Monetary Policy VS Fiscal Policy- Indian Economy

Which of the following pairs is not correct?

(i) Fiscal Policy                              –           Taxation

(ii) Monetary Policy                       –           Cash Reserve Ratio

(iii) RBI                                          –           Rationing of Credit

(iv) Credit Control                          –           Issue of Currency Notes

(A) (i) and (ii)

(B) (ii) and (iii)

(C) (iii) only

(D) (iv) only

EXPLANATION

(i) Fiscal Policy – TaxationCorrect

  • Fiscal Policy refers to the use of government revenue and expenditure to influence the economy.

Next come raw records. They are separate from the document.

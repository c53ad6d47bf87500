-- ===== src/Handoff.antt =====
-- Version assignment (VersionAssignmentTask) and dependency control (VersionedDependencyController)
-- together: the `Notify` between a transaction and the next one on an object.
pub mod Keys
pub mod Notify
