-- ===== src/Versions.antt =====
-- src/primary/shared_obj_txn_forwarder.rs, `VersionAssignmentTask`: each transaction with shared
-- objects gets the current version of each of them, and moves them all to one new version.
pub mod Laws
pub mod Chain
pub mod Batches
use remora.Prelude.{
  ℕ, ◌≤◌, List, [], ◌∷◌, ◌++◌, Option, none, some, map, ltb, if◌then◌else◌, Map, get, insert,
  nat_eq,
}
use remora.SequenceNumber.{SequenceNumbers, next}
use remora.Api.{TransactionWithTimestamp}
use remora.Api.SharedObjects.{collect}

abbrev pub initial_version : ℕ
initial_version = 2

-- The keys of `transaction.shared_objects()`.
abbrev pub shared_object_ids : TransactionWithTimestamp → List ℕ
shared_object_ids t = map (λ e. e.0) t.shared_objects

-- shared_object_versions.get(obj_id).copied().unwrap_or(initial_version)
unfoldable pub current_version : Map ℕ ℕ → ℕ → ℕ
current_version versions id = elim (get versions id) [ none ↦ initial_version | some v ↦ v ]

-- The first loop: the current versions, and the largest of them and `max_version`.
unfoldable pub collect_versions : Map ℕ ℕ → ℕ → List ℕ → List (ℕ × ℕ) × ℕ
collect_versions versions max_version [] = ([], max_version)
collect_versions versions max_version (id ∷ ids) =
    let current = current_version versions id in
    let (result, m) =
      collect_versions versions (if ltb max_version current then current else max_version) ids in
    ((id, current) ∷ result, m)

-- The second loop.
unfoldable pub update_versions : Map ℕ ℕ → ℕ → List ℕ → Map ℕ ℕ
update_versions versions new_version [] = versions
update_versions versions new_version (id ∷ ids) =
    update_versions (insert versions id new_version) new_version ids

pub record Assignment : Type 0 where
  pub required : List (ℕ × ℕ)
  pub versions : Map ℕ ℕ
  pub transaction : TransactionWithTimestamp

module _ ⦃S : SequenceNumbers⦄ where
  unfoldable pub assign_ids : Map ℕ ℕ → TransactionWithTimestamp → List ℕ → Assignment
  unfolding collect_versions update_versions current_version
  assign_ids versions transaction [] = record {
    required = [];
    versions = versions;
    transaction = transaction;
  }
  assign_ids versions transaction (id ∷ ids) =
      let (result, max_version) = collect_versions versions initial_version (id ∷ ids) in
      record {
        required = result;
        versions = update_versions versions (next max_version) (id ∷ ids);
        transaction = record transaction {
          shared_objects = collect (map (λ e. (e.0, some e.1)) result);
        };
      }

  unfoldable pub assign_shared_object_versions : Map ℕ ℕ → TransactionWithTimestamp → Assignment
  unfolding assign_ids
  assign_shared_object_versions versions transaction =
      assign_ids versions transaction (shared_object_ids transaction)

  -- The inner loop: what is sent for each transaction of a batch, and the versions after it.
  unfoldable pub assign_batch :
      Map ℕ ℕ
      → List TransactionWithTimestamp
      → List (TransactionWithTimestamp × List (ℕ × ℕ)) × Map ℕ ℕ
  assign_batch versions [] = ([], versions)
  assign_batch versions (t ∷ ts) =
      let a = assign_shared_object_versions versions t in
      let (sent, versions') = assign_batch a.versions ts in
      ((a.transaction, a.required) ∷ sent, versions')

  -- The outer loop, over the batches that the channel delivers.
  unfoldable pub process_version_assignments :
      Map ℕ ℕ
      → List (List TransactionWithTimestamp)
      → List (TransactionWithTimestamp × List (ℕ × ℕ)) × Map ℕ ℕ
  unfolding assign_batch
  process_version_assignments versions [] = ([], versions)
  process_version_assignments versions (batch ∷ batches) =
      let (sent, versions') = assign_batch versions batch in
      let (later, versions'') = process_version_assignments versions' batches in
      (sent ++ later, versions'')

  • Taxation and public spending are the main tools of fiscal policy.
     Hence, this pair is correct.


(ii) Monetary Policy – Cash Reserve Ratio (CRR)Correct

  • Monetary Policy is formulated by the Reserve Bank of India (RBI) to control money supply and credit in the economy.

  • Cash Reserve Ratio (CRR) is one of its quantitative instruments.
    This pair is correct.


(iii) RBI – Rationing of CreditCorrect

  • Rationing of Credit means limiting the amount of credit to be granted by banks.

  • It is a qualitative credit control measure used by the RBI.
     So, this pair is correct.


(iv) Credit Control – Issue of Currency NotesIncorrect

  • Credit Control refers to regulating the availability and cost of credit in the economy (through CRR, Repo Rate, etc.).

  • Issue of Currency Notes is not a credit control measure; it is a monetary function of the RBI under the RBI Act, 1934.
     Therefore, this pair is not correct.